4. Grace is necessary for performing all good actions and overcoming temptation. By grace he understands all good impulses which efficaciously urge to right action. It may proceed from natural causes, but as these are regulated by Divine Providence, if they are so regulated as to produce efficacious good impulses, it is grace, because man does not himself merit it, and to many it is denied. It is to be considered as a gift from God, since it is granted through the merits of Christ and for a supernatural end. Hence it is called grace.
5. Predestination, he maintains, is post praevisa merita, but children who die without its being in any way whatsoever possible for them to receive baptism were not, after original sin was foreseen, included in the salvific will of God.
6. In Christology he held the following opinions: that the Adoptionists are not Nestorians; that Christ cannot be called the servant of God; that Christ was under a command to die, but that He was free to choose the circumstances of his death; that the regular or formal dignity of the priesthood of Christ will last forever, because Christ is a priest according to His substance, and this remains immutable.
7. The ratio formalis of the Sacrifice of the Mass lies in the mystic separation of the Body and Blood of Christ effected by the words of consecration.
8. It is probable that in the new birth of baptism the guilt of sin is not pardoned ex opere operato, but only the punishment. Since the death of Christ, baptism is for children the only means of salvation; for them martyrdom has the virtue of justification instar baptism; but in adults it justifies only on account of the act of charity.
9. Episcopal consecration does not imprint a new character, nor does it in reality extend or increase the sacerdotal character; a new and distinct power is thereby conferred, which is nothing else than the Divine appointment to a new ministry.
10. In the Sacrament of Matrimony the bodies of the contracting parties constitute the matter, and their consent, expressed verbally or by signs, the form.
11. In treating the existence of God he notes the number of atheists who lived in his time, and attributes it to the influence of Protestantism. He also mentions the political atheists who consider God and religion only as governmental expedients to hold the people in check.

==Works==
Vásquez's most important work is his commentary (Commentarii ac Disputationes) on the Summa Theologica of Thomas Aquinas (8 vols; 1598–1615), largely directed in its details against theses maintained by Suárez. His main works are:
- De cultu adorationis libri tres et disputationes duae contra errores Felicis et Elipandi, Alcalá, 1594; Mainz, 1601, 1604.

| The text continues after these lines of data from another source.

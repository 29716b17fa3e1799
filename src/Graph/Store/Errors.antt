-- ===== src/Graph/Store/Errors.antt =====
-- When `add_edge` raises, and what it raises.
use ligp_v.Prelude.{
  ◌≡◌, ◌⊎◌, inl, inr, refl, true, false, not, ◌&&◌, Option, none, some, [], ◌∷◌, ◌++◌, arith,
  if◌then◌else◌, string_eq, contains, or_default,
}
use ligp_v.Dict.{get, put, member}
use ligp_v.Graph.Weights.{Weighing}
use ligp_v.Graph.Store.{
  Error, Edge, GraphStore, Result, ok, raise, value_error, key_error, relation_types, add_edge,
  strengthen,
}
use ligp_v.Graph.Store.Valid.{IsWell, more_refs}

module _ {W : Type 0} ⦃o : Weighing W⦄ where
  -- The store that a successful `add_edge` leaves.
  after_edge : Edge W → GraphStore W → GraphStore W
  after_edge edge g =
      let es = or_default (get edge.from_node g.adj) [] in
      elim (strengthen edge es) [
        | some es' ↦ record g { adj = put edge.from_node es' g.adj }
        | none ↦ record g {
          adj = put edge.from_node (es ++ edge ∷ []) g.adj;
          incoming = put edge.to_node (more_refs edge g) g.incoming;
        }
      ]

  add_edge_succeeds :
      (edge : Edge W) (g : GraphStore W)
      → contains relation_types edge.relation_type ≡ true
      → member edge.from_node g.nodes ≡ true
      → member edge.to_node g.nodes ≡ true
      → member edge.from_node g.adj ≡ true
      → member edge.to_node g.incoming ≡ true
      → add_edge edge g ≡ ok (after_edge edge g)
  unfolding add_edge after_edge
  add_edge_succeeds edge g r f t a i = ground arith

  abbrev pub error_of : Result (GraphStore W) → Option Error
  error_of (ok g) = none
  error_of (raise e) = some e

  known_ends :
      (edge : Edge W) (g : GraphStore W)
      → IsWell g
      → contains relation_types edge.relation_type ≡ true
      → member edge.from_node g.nodes ≡ true
      → member edge.to_node g.nodes ≡ true
      → add_edge edge g ≡ ok (after_edge edge g)
  known_ends edge g w r f t =
      add_edge_succeeds edge g r f t (w.covered edge.from_node f).0 (w.covered edge.to_node t).1

  unknown :
      (edge : Edge W) (g : GraphStore W)
      → (contains relation_types edge.relation_type
          && (member edge.from_node g.nodes && member edge.to_node g.nodes))
        ≡ false
      → add_edge edge g ≡ (
          if contains relation_types edge.relation_type then raise key_error else raise value_error)
  unfolding add_edge
  unknown edge g h = ground arith

  -- On a well-formed store `add_edge` is a ValueError for a relation outside the schema, a KeyError
  -- for a relation of the schema with an end that is no node, and succeeds otherwise.
  pub error-add_edge :
      (edge : Edge W) (g : GraphStore W)
      → IsWell g
      → error_of (add_edge edge g) ≡ (
          if not (contains relation_types edge.relation_type)
          then some value_error
          else if member edge.from_node g.nodes && member edge.to_node g.nodes
          then none
          else some key_error)
  error-add_edge edge g w = ground (arith, known_ends edge g w, unknown edge g)

-- A call raises or returns.
pub Result-cases :
    {A : Type 0} (r : Result A) → ((e : Error) × (r ≡ raise e)) ⊎ ((a : A) × (r ≡ ok a))
Result-cases (ok a) = inr (a, refl)
Result-cases (raise e) = inl (e, refl)
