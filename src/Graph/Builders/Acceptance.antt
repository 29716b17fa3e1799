-- ===== src/Graph/Builders/Acceptance.antt =====
-- The store accepts what the builders build.
use ligp_v.Prelude.{
  ℕ, ◌≡◌, Bool, true, false, not, Option, none, arith, if◌then◌else◌, String, contains, string_eq,
  ap, ◌∙◌,
}
use ligp_v.Dict.{Dict, member}
use ligp_v.Graph.Weights.{nat_weighing}
use ligp_v.Graph.Store.{Edge, GraphStore, ok, raise, value_error, relation_types, add_edge}
use ligp_v.Graph.Store.Valid.{IsWell}
use ligp_v.Graph.Store.Errors.{error_of, error-add_edge}
use ligp_v.Graph.Builders.{build_edge}

chosen :
    (valid : Bool) (e edge : Edge ℕ)
    → (if not valid then raise value_error else ok e) ≡ ok edge
    → (valid ≡ true) × (edge ≡ e)
chosen true e edge h = ground arith
chosen false e edge h = absurd (ground arith)

built :
    (configured : Option (Dict String ℕ)) (from_node to_node relation_type : String)
    (weight : Option ℕ) (edge : Edge ℕ)
    → build_edge configured from_node to_node relation_type weight ≡ ok edge
    → (edge.from_node ≡ from_node)
      × (edge.to_node ≡ to_node)
      × (contains relation_types edge.relation_type ≡ true)
unfolding build_edge
built configured from_node to_node relation_type weight edge h =
    let (valid, same) = chosen (contains relation_types relation_type) _ edge h in
    (
      ap (λ (e : Edge ℕ). e.from_node) same,
      ap (λ (e : Edge ℕ). e.to_node) same,
      ap (λ (e : Edge ℕ). contains relation_types e.relation_type) same ∙ valid,
    )

-- An edge from `build_edge` between two nodes of a well-formed store is accepted by `add_edge`.
pub add_edge-build_edge :
    (configured : Option (Dict String ℕ)) (from_node to_node relation_type : String)
    (weight : Option ℕ) (edge : Edge ℕ) (g : GraphStore ℕ)
    → build_edge configured from_node to_node relation_type weight ≡ ok edge
    → IsWell g
    → member from_node g.nodes ≡ true
    → member to_node g.nodes ≡ true
    → error_of (add_edge edge g) ≡ none
add_edge-build_edge configured from_node to_node relation_type weight edge g h w f t =
    let (start, end, valid) = built configured from_node to_node relation_type weight edge h in
    let starts : member edge.from_node g.nodes ≡ true = ap (λ k. member k g.nodes) start ∙ f in
    let ends : member edge.to_node g.nodes ≡ true = ap (λ k. member k g.nodes) end ∙ t in
    error-add_edge edge g w ∙ rw (valid, starts, ends)
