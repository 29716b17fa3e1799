-- ===== src/Graph/Propagation.antt =====
-- `GraphPropagation` of graph/propagation.py over the in-memory store. The floats are a parameter
-- with the operations that the code applies to them; no law of theirs is assumed. The rounds of the
-- `while` loop are counted by fuel.
pub mod Generations
use ligp_v.Prelude.{
  ℕ, zero, suc, ◌+◌, Bool, Option, none, some, List, [], ◌∷◌, ◌++◌, if◌then◌else◌, String, leb,
  or_default, map, string_eq,
}
use ligp_v.Dict.{Dict, get, put, remove}
use ligp_v.Graph.Store.{Edge, GraphStore, get_node, get_neighbors}

pub record Scale (W : Type 0) : Type 0 where
  pub zero_of : W
  pub one_of : W
  pub add : W → W → W
  pub mul : W → W → W
  pub at_most : W → W → Bool

-- `0.0 < hop_decay <= 1.0`, and the object made.
unfoldable pub init : {W : Type 0} ⦃o : Scale W⦄ → W → Option W
init ⦃o⦄ hop_decay =
    if o.at_most hop_decay o.zero_of
    then none
    else if o.at_most hop_decay o.one_of
    then some hop_decay
    else none

-- An entry of the frontier.
pub record Entry (W : Type 0) : Type 0 where
  pub node : String
  pub influence : W
  pub depth : ℕ

pub data Outcome (W : Type 0) : Type 0 where
  found : Dict String W → Outcome W
  key_error out_of_fuel : Outcome W

module _ {W : Type 0} ⦃o : Scale W⦄ where
  abbrev pub weighted : List (Edge W) → List (String × W)
  weighted [] = []
  weighted (e ∷ es) = (e.to_node, e.weight) ∷ weighted es

  unfoldable pub edges_from : String → GraphStore W → List (String × W)
  edges_from node_id g = elim (get node_id g.adj) [
    | some es ↦ weighted es
    | none ↦ map (λ nid. (nid, o.one_of)) (get_neighbors node_id g)
  ]

  -- `scores[neighbor] = scores.get(neighbor, 0.0) + contributed`
  abbrev pub credit : String → W → Dict String W → Dict String W
  credit neighbor contributed scores =
      put neighbor (o.add (or_default (get neighbor scores) o.zero_of) contributed) scores

  -- The inner loop.
  unfoldable pub spread :
      W
      → W
      → ℕ
      → List (String × W)
      → Dict String W × List (Entry W)
      → Dict String W × List (Entry W)
  spread hop_decay influence depth [] s = s
  spread hop_decay influence depth ((neighbor, weight) ∷ pairs) (scores, frontier) =
      let contributed = o.mul (o.mul influence weight) hop_decay in
      if o.at_most contributed o.zero_of
      then spread hop_decay influence depth pairs (scores, frontier)
      else spread hop_decay influence depth pairs (
        credit neighbor contributed scores,
        frontier ++ record { node = neighbor; influence = contributed; depth = depth + 1 } ∷ [],
      )

  -- A round, after `current` has left the frontier.
  unfoldable pub round :
      W
      → ℕ
      → GraphStore W
      → Entry W
      → Dict String W × List (Entry W)
      → Dict String W × List (Entry W)
  round hop_decay hops g current s =
      if leb hops current.depth
      then s
      else spread hop_decay current.influence current.depth (edges_from current.node g) s

  unfoldable pub loop : ℕ → W → ℕ → GraphStore W → Dict String W × List (Entry W) → Outcome W
  loop zero hop_decay hops g s = elim s.1 [ [] ↦ found s.0 | _ ∷ _ ↦ out_of_fuel ]
  loop (suc fuel) hop_decay hops g s = elim s.1 [
    | [] ↦ found s.0
    | current ∷ rest ↦ loop fuel hop_decay hops g (round hop_decay hops g current (s.0, rest))
  ]

  abbrev pub seed : String → Entry W
  seed node_id = record { node = node_id; influence = o.one_of; depth = 0 }

  unfoldable pub propagate : ℕ → W → GraphStore W → String → ℕ → Outcome W
  propagate fuel hop_decay g node_id hops = elim (get_node node_id g) [
    | none ↦ key_error
    | some _ ↦ elim (loop fuel hop_decay hops g ([], seed node_id ∷ [])) [
      | found scores ↦ found (remove node_id scores)
      | key_error ↦ key_error
      | out_of_fuel ↦ out_of_fuel
    ]
  ]

  -- The results in the order of the seeds, with two hops each; `none` if a seed raises.
  unfoldable pub batch_propagate :
      ℕ → W → GraphStore W → List String → Dict String (Outcome W) → Dict String (Outcome W)
  batch_propagate fuel hop_decay g [] results = results
  batch_propagate fuel hop_decay g (nid ∷ node_ids) results =
      batch_propagate fuel hop_decay g node_ids (put nid (propagate fuel hop_decay g nid 2) results)
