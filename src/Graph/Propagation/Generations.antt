-- ===== src/Graph/Propagation/Generations.antt =====
-- The scores as sums over the walks, generation by generation, and the queue that computes them.
use mathlib.Core.List.{append-nil, append_assoc}
use ligp_v.Prelude.{
  All-append, ◌∙◌, ℕ, zero, suc, ◌+◌, ◌-◌, ◌≡◌, ◌≤◌, ◌<◌, refl, false, Option, none, some, List, [],
  ◌∷◌, ◌++◌, arith, if◌then◌else◌, String, leb, or_default, string_eq, ◌==◌, eq_iff, All, length,
  Bool-cases, ap, sym, inl, inr,
}
use ligp_v.Dict.{Dict, get, remove, get-put, get-remove}
use ligp_v.Graph.Store.{Node, GraphStore, get_node}
use ligp_v.Graph.Propagation.{
  Scale, Entry, found, edges_from, credit, spread, round, loop, seed, propagate,
}

module _ {W : Type 0} ⦃o : Scale W⦄ where
  -- The steps from an entry that carry something on.
  abbrev pub steps : W → W → ℕ → List (String × W) → List (Entry W)
  steps hop_decay influence depth [] = []
  steps hop_decay influence depth ((neighbor, weight) ∷ pairs) =
      let contributed = o.mul (o.mul influence weight) hop_decay in
      let rest = steps hop_decay influence depth pairs in
      if o.at_most contributed o.zero_of
      then rest
      else record { node = neighbor; influence = contributed; depth = depth + 1 } ∷ rest

  -- The next generation of walks, in order.
  abbrev pub brood : W → GraphStore W → List (Entry W) → List (Entry W)
  brood hop_decay g [] = []
  brood hop_decay g (e ∷ es) =
      steps hop_decay e.influence e.depth (edges_from e.node g) ++ brood hop_decay g es

  -- The walks of one to `hops` steps, the shorter ones first.
  abbrev pub generations : ℕ → W → GraphStore W → List (Entry W) → List (Entry W)
  generations zero hop_decay g es = []
  generations (suc hops) hop_decay g es =
      let next = brood hop_decay g es in next ++ generations hops hop_decay g next

  -- The rounds that these walks take, with those that are cut off.
  abbrev pub rounds : ℕ → W → GraphStore W → List (Entry W) → ℕ
  rounds zero hop_decay g es = length es
  rounds (suc hops) hop_decay g es = length es + rounds hops hop_decay g (brood hop_decay g es)

  -- The sum of the influence that arrives at a node, in the order of arrival.
  abbrev pub arrived : String → Option W → List (Entry W) → Option W
  arrived v acc [] = acc
  arrived v acc (e ∷ es) =
      arrived v (if e.node == v then some (o.add (or_default acc o.zero_of) e.influence) else acc)
        es

  abbrev pub credit_all : List (Entry W) → Dict String W → Dict String W
  credit_all [] scores = scores
  credit_all (e ∷ es) scores = credit_all es (credit e.node e.influence scores)

  get-credit_all :
      (es : List (Entry W)) (scores : Dict String W) (v : String)
      → get v (credit_all es scores) ≡ arrived v (get v scores) es
  get-credit_all [] scores v = refl
  get-credit_all (e ∷ es) scores v =
      let first : get v (credit e.node e.influence scores) ≡ (
          if e.node == v
          then some (o.add (or_default (get v scores) o.zero_of) e.influence)
          else get v scores) =
        ground (
          arith,
          get-put e.node v (o.add (or_default (get e.node scores) o.zero_of) e.influence) scores,
          eq_iff e.node v,
        ) in
      rw (get-credit_all es (credit e.node e.influence scores) v, first) refl

  spread-steps :
      (hop_decay influence : W) (depth : ℕ) (pairs : List (String × W)) (scores : Dict String W)
      (frontier : List (Entry W))
      → spread hop_decay influence depth pairs (scores, frontier) ≡ (
        credit_all (steps hop_decay influence depth pairs) scores,
        frontier ++ steps hop_decay influence depth pairs,
      )
  unfolding spread
  spread-steps hop_decay influence depth [] scores frontier = rw append-nil refl
  spread-steps hop_decay influence depth ((n, w) ∷ pairs) scores frontier =
      let here : Entry W = record {
        node = n;
        influence = o.mul (o.mul influence w) hop_decay;
        depth = depth + 1;
      } in
      elim (Bool-cases (o.at_most (o.mul (o.mul influence w) hop_decay) o.zero_of)) [
        | inl dropped ↦ rw (dropped) (spread-steps hop_decay influence depth pairs scores frontier)
        | inr kept ↦
            rw
              (
                kept,
                spread-steps hop_decay influence depth pairs (credit n here.influence scores)
                    (frontier ++ here ∷ []),
                append_assoc,
              )
              refl
      ]

  credit_all-append :
      (es fs : List (Entry W)) (scores : Dict String W)
      → credit_all (es ++ fs) scores ≡ credit_all fs (credit_all es scores)
  credit_all-append [] fs scores = refl
  credit_all-append (e ∷ es) fs scores = credit_all-append es fs (credit e.node e.influence scores)

-- `length es + fuel`, by clauses.
abbrev longer : {A : Type 0} → List A → ℕ → ℕ
longer [] fuel = fuel
longer (e ∷ es) fuel = suc (longer es fuel)

longer_lem : {A : Type 0} (es : List A) (fuel : ℕ) → longer es fuel ≡ length es + fuel
longer_lem [] fuel = omega arith
longer_lem (e ∷ es) fuel = omega (arith, longer_lem es fuel)

module _ {W : Type 0} ⦃o : Scale W⦄ (hop_decay : W) (hops : ℕ) (g : GraphStore W) where
  -- The entries of one depth are worked off in turn, and their broods queue behind the others.
  loop-brood :
      (es fs : List (Entry W)) (fuel : ℕ) (scores : Dict String W)
      → All (λ e. e.depth < hops) es
      → loop (longer es fuel) hop_decay hops g (scores, es ++ fs)
        ≡ loop fuel hop_decay hops g
            (credit_all (brood hop_decay g es) scores, fs ++ brood hop_decay g es)
  unfolding loop round
  loop-brood [] fs fuel scores h = rw append-nil refl
  loop-brood (e ∷ es) fs fuel scores (below, h) =
      let next = steps hop_decay e.influence e.depth (edges_from e.node g) in
      let inner : leb hops e.depth ≡ false = ground arith in
      let later = loop-brood es (fs ++ next) fuel (credit_all next scores) h in
      rw
        (
          inner,
          spread-steps hop_decay e.influence e.depth (edges_from e.node g) scores (es ++ fs),
          append_assoc,
          later,
          append_assoc,
          credit_all-append,
        )
        refl

  -- The entries at the limit are only taken off.
  loop-limit :
      (es : List (Entry W)) (fuel : ℕ) (scores : Dict String W)
      → All (λ e. hops ≤ e.depth) es
      → loop (longer es fuel) hop_decay hops g (scores, es) ≡ found scores
  unfolding loop round
  loop-limit [] zero scores h = refl
  loop-limit [] (suc fuel) scores h = refl
  loop-limit (e ∷ es) fuel scores (at, h) = ground (arith, loop-limit es fuel scores h)

  -- All entries stand at one depth, and the next generation one deeper.
  abbrev AtDepth : ℕ → List (Entry W) → Type 0
  AtDepth d = All (λ e. e.depth ≡ d)

  AtDepth-steps :
      (influence : W) (d : ℕ) (pairs : List (String × W))
      → AtDepth (d + 1) (steps hop_decay influence d pairs)
  AtDepth-steps influence d [] = tt
  AtDepth-steps influence d ((n, w) ∷ pairs) =
      elim (Bool-cases (o.at_most (o.mul (o.mul influence w) hop_decay) o.zero_of)) [
        | inl dropped ↦ rw dropped (AtDepth-steps influence d pairs)
        | inr kept ↦ rw kept (refl, AtDepth-steps influence d pairs)
      ]

  AtDepth-brood :
      (d : ℕ) (es : List (Entry W)) → AtDepth d es → AtDepth (d + 1) (brood hop_decay g es)
  AtDepth-brood d [] h = tt
  AtDepth-brood d (e ∷ es) (at, h) =
      All-append (λ e. e.depth ≡ d + 1) (steps hop_decay e.influence e.depth (edges_from e.node g))
        (brood hop_decay g es)
        (rw (ap (λ k. k + 1) (sym at)) (AtDepth-steps e.influence e.depth (edges_from e.node g)))
        (AtDepth-brood d es h)

  below : (d : ℕ) (es : List (Entry W)) → d < hops → AtDepth d es → All (λ e. e.depth < hops) es
  below d [] h at = tt
  below d (e ∷ es) h (at, rest) = (omega arith, below d es h rest)

  at_limit : (d : ℕ) (es : List (Entry W)) → hops ≤ d → AtDepth d es → All (λ e. hops ≤ e.depth) es
  at_limit d [] h at = tt
  at_limit d (e ∷ es) h (at, rest) = (omega arith, at_limit d es h rest)

  -- The loop gives every walk's influence to its end, and takes as many rounds as there are walks.
  loop-generations :
      (left d : ℕ) (es : List (Entry W)) (extra : ℕ) (scores : Dict String W)
      → AtDepth d es
      → d + left ≡ hops
      → loop (rounds left hop_decay g es + extra) hop_decay hops g (scores, es)
        ≡ found (credit_all (generations left hop_decay g es) scores)
  loop-generations zero d es extra scores at h =
      rw (sym (longer_lem es extra)) (loop-limit es extra scores (at_limit d es (omega arith) at))
  loop-generations (suc left) d es extra scores at h =
      let next = brood hop_decay g es in
      let fuel : rounds (suc left) hop_decay g es + extra
          ≡ longer es (rounds left hop_decay g next + extra) =
        omega (arith, longer_lem es (rounds left hop_decay g next + extra)) in
      let first : loop (longer es (rounds left hop_decay g next + extra)) hop_decay hops g
            (scores, es)
          ≡ loop (rounds left hop_decay g next + extra) hop_decay hops g
              (credit_all next scores, next) =
        rw append-nil at (
          loop-brood es [] (rounds left hop_decay g next + extra) scores
            (below d es (omega arith) at)) in
      let rest =
        loop-generations left (d + 1) next extra (credit_all next scores) (AtDepth-brood d es at)
          (omega arith) in
      rw (fuel, first, rest, credit_all-append) refl

module _ {W : Type 0} ⦃o : Scale W⦄ where
  -- With as many rounds as there are walks of at most `hops` steps, or more, the propagation from a
  -- node returns, and the score of every other node is the sum, in breadth-first order, of the
  -- influence that the walks of one to `hops` steps carry to it; the node itself has no score.
  pub propagate_lem :
      (hop_decay : W) (g : GraphStore W) (node_id : String) (hops fuel : ℕ) (n : Node W)
      (v : String)
      → get_node node_id g ≡ some n
      → rounds hops hop_decay g (seed node_id ∷ []) ≤ fuel
      → (scores : Dict String W) × (propagate fuel hop_decay g node_id hops ≡ found scores)
        × (get v scores ≡ (
            if node_id == v
            then none
            else arrived v none (generations hops hop_decay g (seed node_id ∷ []))))
  unfolding propagate get
  propagate_lem hop_decay g node_id hops fuel n v there h =
      let walks = generations hops hop_decay g (seed node_id ∷ []) in
      let total = rounds hops hop_decay g (seed node_id ∷ []) in
      let ends : loop fuel hop_decay hops g ([], seed node_id ∷ []) ≡ found (credit_all walks []) =
        ap (λ k. loop k hop_decay hops g ([], seed node_id ∷ [])) (omega arith)
        ∙ loop-generations hop_decay hops g hops 0 (seed node_id ∷ []) (fuel - total) [] (refl, tt)
            (omega arith) in
      (
        remove node_id (credit_all walks []),
        ground (arith, there, ends),
        rw (get-remove node_id v (credit_all walks []), get-credit_all walks [] v) refl,
      )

- Commentariorum ac Disputationum in (partes) S. Thomae, Alcalá, 8 vols., 1598–1615. Later abridged editions were published at Alcalá, Ingolstadt, Vienna, and more complete ones at Lyons in 1620 and Antwerp in 1621.
- Paraphrases et compendiaria explicatio ad nonnullas Pauli Epistolas, Alcalá, 1612; Ingolstadt, 1613; Lyons, 1630. Vives undertook to print all his works, but got only as far as the first volume (Paris, 1905).
- Disputationes metaphysicae desumptae ex variis locis suorum operum (Madrid, 1617; Antwerp, 1618) compiled by Francisco Murcia de la Llana, comprises the philosophical questions dispersed throughout his works, and is a rare and exceptionally valuable book.
Some of his manuscripts are preserved in the National Library of Madrid.
His first volume on the first part of St. Thomas was held back two years by the censors of the Society. Among the questions he discussed are: An Deus extra coelum, vel in vacuo intra coelum esse possit, aut ante mundi creationem alicubi fuerit.